-- ===== src/Tests/Main.antt =====
-- The application: failures, the smoke test, the retention task, and calls of the ownership check.
use mathlib.Core.List.{Perm}
use agentic_enterprise.Ownership.{owner_of}
use agentic_enterprise.Ownership.Uniqueness.{IsUnique}
use agentic_enterprise.Messages.{Message, human_message}
use agentic_enterprise.Api.{ainvoke}
use agentic_enterprise.Api.Queries.{thread}
use agentic_enterprise.Graph.State.{GraphState}
use agentic_enterprise.Graph.Workers.{pass_verdict}
use agentic_enterprise.Base.{
  ℕ, ◌≡◌, refl, not, some, List, [], ◌∷◌, ◌++◌, length, filter, codes, text_eq, starts_with,
  contains, failure, err, ok, Result, ◌⊎◌, inl, get_last?, timeout_error, http_exception,
}
use agentic_enterprise.Settings.{defaults}
use agentic_enterprise.Gc.{is_stale, find_stale_threads}
use agentic_enterprise.Ownership.Refinement.{
  owners, Call, run_calls, replay, run_calls_refines, claimed, verdict, claims_commute,
}
use agentic_enterprise.Main.Errors.{graph_recursion, other_body, Response}
use agentic_enterprise.Main.Tracing.{Seen, failures_are_traced}
use agentic_enterprise.Main.Startup.{Wake, Task, gc_loop}
use agentic_enterprise.Main.Sweeps.{next_sweep_cleans}
use agentic_enterprise.Tests.Parts.{
  driver-FollowsGraph, services-Appends, llm, llm-Replies, user, db,
}
use agentic_enterprise.Tests.Routes.{app}
use agentic_enterprise.Memory.{MemoryHit, matches, search_in, search}
use agentic_enterprise.Graph.Router.{
  technical_words, billing_words, investment_words, mentions, classify,
}
use agentic_enterprise.Graph.Retriever.{pack}
use agentic_enterprise.Main.Smoke.{SmokeTestRequest, run_smoke_test}
use agentic_enterprise.Main.Ignition.{smoke_context, passed, smoke_test_completes}
use agentic_enterprise.Tests.Tenants.{saver, saver-DeletesThread, checkpoints}

abbrev http_handler : ℕ → Response
http_handler status = record {
  status_code = status;
  headers = [];
  body = other_body (codes "detail");
}

failures_are_traced_example : Seen http_handler (codes "n1") (some (codes "r7")) graph_recursion
failures_are_traced_example =
    failures_are_traced http_handler (λ status. (refl, (codes "detail", refl))) b'n' (codes "1")
      (some (codes "r7")) graph_recursion

-- A sweep whose saver has no connection, then one that works.
abbrev down : Wake
down = record {
  woken = 60;
  saver = record { connection = err failure; adelete_thread = λ t rows. (ok tt, rows) };
  meanwhile = λ rows. rows;
  finished = 60;
}

abbrev up : Wake
up = record { woken = 10_000_000; saver = saver; meanwhile = λ rows. rows; finished = 10_000_001 }

abbrev task : Task
task = record { due = 60; rows = checkpoints; sweeps = [] }

next_sweep_cleans_example :
    let before = gc_loop defaults 21600 (down ∷ []) task in
    let after = gc_loop defaults 21600 (down ∷ up ∷ []) task in
    (length before.sweeps ≡ 1)
    × (after.rows ≡ filter (λ r. not (is_stale 10_000_000 30 before.rows r.thread_id)) before.rows)
    × (after.sweeps
        ≡ before.sweeps
          ++ ok (record {
            deleted = length (find_stale_threads 10_000_000 30 before.rows);
            retention_days = 30;
          })
            ∷ [])
    × (after.due ≡ 10_021_601)
next_sweep_cleans_example = next_sweep_cleans defaults 21600 (down ∷ []) up task saver-DeletesThread

abbrev calls : List Call
calls = (codes "t3", codes "third") ∷ (codes "t3", user) ∷ []

run_calls_refines_example :
    let (verdicts, db') = run_calls defaults calls db in
    let (promised, m) = replay defaults calls (owners db) in
    (verdicts ≡ promised) × (owners db' ≡ m)
run_calls_refines_example = run_calls_refines defaults calls db

claims_commute_example :
    let first = claimed defaults (codes "t3") user db in
    let second = claimed defaults (codes "t4") user db in
    (verdict defaults (codes "t3") user second ≡ verdict defaults (codes "t3") user db)
    × (verdict defaults (codes "t4") user first ≡ verdict defaults (codes "t4") user db)
    × ((claimed defaults (codes "t3") user second).executions ≡ db.executions)
    × ((claimed defaults (codes "t4") user first).executions ≡ db.executions)
    × Perm
        (claimed defaults (codes "t3") user second).ownership
        (claimed defaults (codes "t4") user first).ownership
    × IsUnique (claimed defaults (codes "t3") user second).ownership
    × IsUnique (claimed defaults (codes "t4") user first).ownership
unfolding text_eq owner_of
claims_commute_example =
    claims_commute defaults (codes "t3") user (codes "t4") user db refl (refl, (refl, tt))

abbrev hits : List MemoryHit
hits =
    record { score = 0; text = some (codes "likes tea"); thread_id = some (codes "t1") }
    ∷ record { score = 0; text = some (codes "secret"); thread_id = some (codes "t2") }
    ∷ []

abbrev request : SmokeTestRequest
request = record { test_id = codes "ST-1"; payload = codes "hello there" }

smoke_test_completes_example :
    (s' : GraphState) × (answer : Message) × (ainvoke app
        (smoke_context app (λ run. run) llm)
        (thread (codes "smoke:ST-1"))
        (human_message request.payload ∷ [])
      ≡ ok s')
    × (s'.critique ≡ some pass_verdict)
    × (get_last? s'.messages ≡ some answer)
    × (((Result.ok s' ≡ ok s')
          × (run_smoke_test app (λ run. run) request ≡ ok (passed app (λ run. run) request answer)))
        ⊎ ((Result.ok s' ≡ err timeout_error)
            × (run_smoke_test app (λ run. run) request ≡ err (http_exception 504))))
unfolding classify mentions contains starts_with technical_words billing_words investment_words
    search search_in matches pack
smoke_test_completes_example =
    smoke_test_completes app (λ run. run) driver-FollowsGraph services-Appends llm-Replies request
      llm hits (codes "likes tea" ∷ codes "secret" ∷ []) refl refl refl refl refl refl
      (λ run. inl refl)
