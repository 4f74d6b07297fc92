-- ===== src/Examples/Chains.antt =====
-- core/wallet/token_chain.go: the theorems at a chain of two blocks, the second one of two tokens.
use rubixgoplatform.Prelude.{
  Bool-cases, drop, inl, ℕ, suc, ◌^◌, ◌<◌, ◌≡◌, ◌≢◌, refl, List, [], ◌∷◌, Option, some, none, true,
  false, if◌then◌else◌, arith, All, ap, ◌∙◌, sym, subst, some_eq,
}
use rubixgoplatform.TokenAuth.Decimal.{decimal, decimal_from, read_digits, read_number}
use rubixgoplatform.TokenAuth.Text.{same_text, is_empty}
use rubixgoplatform.Blocks.{
  Block, TransToken, TransTokens, find_token, get_tokens_map, parse_uint64, get_block_number,
  get_block_id, get_hash, check_multi_token_block, new_trans_token,
}
use rubixgoplatform.TokenChain.{
  type_text, tcs_prefix, push_char, split_dash, hex_text, key_of_pieces, tcs_key, is_old_key,
  is_reference, get_raw_block, block_of_value, pick_block,
}
use rubixgoplatform.TokenChain.Keys.{NoDash}
use rubixgoplatform.TokenChain.Adding.{
  follows, write_value, store_block, add_to_chain, reference_key,
}
use rubixgoplatform.TokenChain.Stored.{IsAddressed}
use rubixgoplatform.TokenChain.Latest.{IsKept}
use rubixgoplatform.TokenChain.Appends.{IsDigest, Appends, add_to_chain-Appends}
use rubixgoplatform.TokenChain.Links.{Continues, new_trans_token-Continues}
use rubixgoplatform.TokenChain.Together.{add_blocks}
use rubixgoplatform.TokenChain.Replays.{InOrder, Replayed, add_blocks-Replayed}
use rubixgoplatform.TokenChain.{Shelf, tcs, dtcs, ntcs, smart_contracts, fts, get_chain_db}
use rubixgoplatform.TokenChain.Adding.{Stores}
use rubixgoplatform.Blocks.{get_trans_tokens, get_token_type}
use rubixgoplatform.TokenChain.Memory.{memory_level, compare_texts, lookup, insert, strip, select}

abbrev pub token : List ℕ
token =
    81 ∷ 109 ∷ 82 ∷ 117 ∷ 98 ∷ 105 ∷ 120 ∷ 84 ∷ 111 ∷ 107 ∷ 101 ∷ 110 ∷ 65 ∷ 98 ∷ 99 ∷ 100 ∷ 101
    ∷ 102 ∷ 103 ∷ 104 ∷ 105 ∷ 106 ∷ 107 ∷ 109 ∷ 110 ∷ 111 ∷ 112 ∷ 113 ∷ 114 ∷ 115 ∷ 116 ∷ 117 ∷ 118
    ∷ 119 ∷ 120 ∷ 121 ∷ 122 ∷ 49 ∷ 50 ∷ 51 ∷ 52 ∷ 53 ∷ 54 ∷ 55 ∷ 56 ∷ 57 ∷ []

abbrev pub digest0 : List ℕ
digest0 =
    48 ∷ 49 ∷ 50 ∷ 51 ∷ 52 ∷ 53 ∷ 54 ∷ 55 ∷ 56 ∷ 57 ∷ 97 ∷ 98 ∷ 99 ∷ 100 ∷ 101 ∷ 102 ∷ 48 ∷ 49 ∷ 50
    ∷ 51 ∷ 52 ∷ 53 ∷ 54 ∷ 55 ∷ 56 ∷ 57 ∷ 97 ∷ 98 ∷ 99 ∷ 100 ∷ 101 ∷ 102 ∷ 48 ∷ 49 ∷ 50 ∷ 51 ∷ 52
    ∷ 53 ∷ 54 ∷ 55 ∷ 56 ∷ 57 ∷ 97 ∷ 98 ∷ 99 ∷ 100 ∷ 101 ∷ 102 ∷ 48 ∷ 49 ∷ 50 ∷ 51 ∷ 52 ∷ 53 ∷ 54
    ∷ 55 ∷ 56 ∷ 57 ∷ 97 ∷ 98 ∷ 99 ∷ 100 ∷ 101 ∷ 102 ∷ []

abbrev digest1 : List ℕ
digest1 =
    102 ∷ 101 ∷ 100 ∷ 99 ∷ 98 ∷ 97 ∷ 57 ∷ 56 ∷ 55 ∷ 54 ∷ 53 ∷ 52 ∷ 51 ∷ 50 ∷ 49 ∷ 48 ∷ 102 ∷ 101
    ∷ 100 ∷ 99 ∷ 98 ∷ 97 ∷ 57 ∷ 56 ∷ 55 ∷ 54 ∷ 53 ∷ 52 ∷ 51 ∷ 50 ∷ 49 ∷ 48 ∷ 102 ∷ 101 ∷ 100 ∷ 99
    ∷ 98 ∷ 97 ∷ 57 ∷ 56 ∷ 55 ∷ 54 ∷ 53 ∷ 52 ∷ 51 ∷ 50 ∷ 49 ∷ 48 ∷ 102 ∷ 101 ∷ 100 ∷ 99 ∷ 98 ∷ 97
    ∷ 57 ∷ 56 ∷ 55 ∷ 54 ∷ 53 ∷ 52 ∷ 51 ∷ 50 ∷ 49 ∷ 48 ∷ []

abbrev pub entry : List ℕ → List ℕ → List ℕ → TransToken
entry t number previous = record {
  token = t;
  token_type = 0;
  block_number = some number;
  previous_block_id = some previous;
  unpledged_id = none;
  commited_did = none;
}

abbrev genesis : Block
genesis = record {
  bytes = 161 ∷ 0 ∷ [];
  block_hash = some digest0;
  trans = some (entry token (48 ∷ []) [] ∷ []);
}

abbrev second : Block
second = record {
  bytes = 161 ∷ 1 ∷ [];
  block_hash = some digest1;
  trans = some (entry token (49 ∷ []) (48 ∷ 45 ∷ digest0) ∷ entry (120 ∷ []) (48 ∷ []) [] ∷ []);
}

abbrev decode : List ℕ → Option Block
decode bytes =
    if same_text bytes (161 ∷ 0 ∷ [])
    then some genesis
    else if same_text bytes (161 ∷ 1 ∷ [])
    then some second
    else none

abbrev sha : List ℕ → List ℕ
sha m = 97 ∷ []

abbrev nothing : memory_level.Db
nothing = ([], tt)

abbrev after_genesis : memory_level.Db
after_genesis = (add_to_chain memory_level sha decode 1 0 token genesis nothing).1

abbrev after_second : memory_level.Db
after_second = (add_to_chain memory_level sha decode 1 0 token second after_genesis).1

genesis_added : (add_to_chain memory_level sha decode 1 0 token genesis nothing).0 ≡ true
unfolding add_to_chain store_block write_value follows tcs_key key_of_pieces split_dash push_char
    hex_text tcs_prefix type_text is_old_key is_reference get_raw_block block_of_value pick_block
    compare_texts lookup insert strip select find_token get_tokens_map parse_uint64 get_block_number
    get_block_id get_hash check_multi_token_block same_text is_empty read_digits read_number
genesis_added = refl

second_added : (add_to_chain memory_level sha decode 1 0 token second after_genesis).0 ≡ true
unfolding add_to_chain store_block write_value follows tcs_key key_of_pieces split_dash push_char
    hex_text tcs_prefix type_text is_old_key is_reference get_raw_block block_of_value pick_block
    compare_texts lookup insert strip select find_token get_tokens_map parse_uint64 get_block_number
    get_block_id get_hash check_multi_token_block same_text is_empty read_digits read_number
second_added = refl

no_value : {A : Type 0} {a : A} → none ≡ some a → ⊥
no_value e = cc

nothing-IsKept : IsKept 0 token memory_level decode nothing
unfolding lookup
nothing-IsKept k v at prefix = absurd (no_value at)

genesis-IsAddressed : IsAddressed memory_level decode sha nothing genesis
unfolding get_raw_block lookup
genesis-IsAddressed bs v hash found = absurd (no_value found)

second_unwritten :
    get_raw_block memory_level 2 after_genesis (reference_key memory_level sha second digest1)
    ≡ none
unfolding add_to_chain store_block write_value follows tcs_key key_of_pieces split_dash push_char
    hex_text tcs_prefix type_text is_old_key is_reference get_raw_block block_of_value pick_block
    compare_texts lookup insert strip select find_token get_tokens_map parse_uint64 get_block_number
    get_block_id get_hash check_multi_token_block same_text is_empty read_digits read_number
second_unwritten = refl

second-IsAddressed : IsAddressed memory_level decode sha after_genesis second
unfolding get_hash is_empty
second-IsAddressed bs v hash found =
    let same : digest1 ≡ bs = some_eq hash in
    absurd (
      no_value (
        sym second_unwritten
        ∙ ap
            (λ z.
              get_raw_block memory_level 2 after_genesis (reference_key memory_level sha second z))
            same
        ∙ found))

#### Task instructions
In the listing, find every line with the word "refl" and return it.

#### Result for this exercise
  ℕ, ◌≡◌, refl, not, some, List, [], ◌∷◌, ◌++◌, length, filter, codes, text_eq, starts_with,
    failures_are_traced http_handler (λ status. (refl, (codes "detail", refl))) b'n' (codes "1")
    claims_commute defaults (codes "t3") user (codes "t4") user db refl (refl, (refl, tt))
      llm hits (codes "likes tea" ∷ codes "secret" ∷ []) refl refl refl refl refl refl
      (λ run. inl refl)
  Bool-cases, drop, inl, ℕ, suc, ◌^◌, ◌<◌, ◌≡◌, ◌≢◌, refl, List, [], ◌∷◌, Option, some, none, true,
genesis_added = refl
second_added = refl
second_unwritten = refl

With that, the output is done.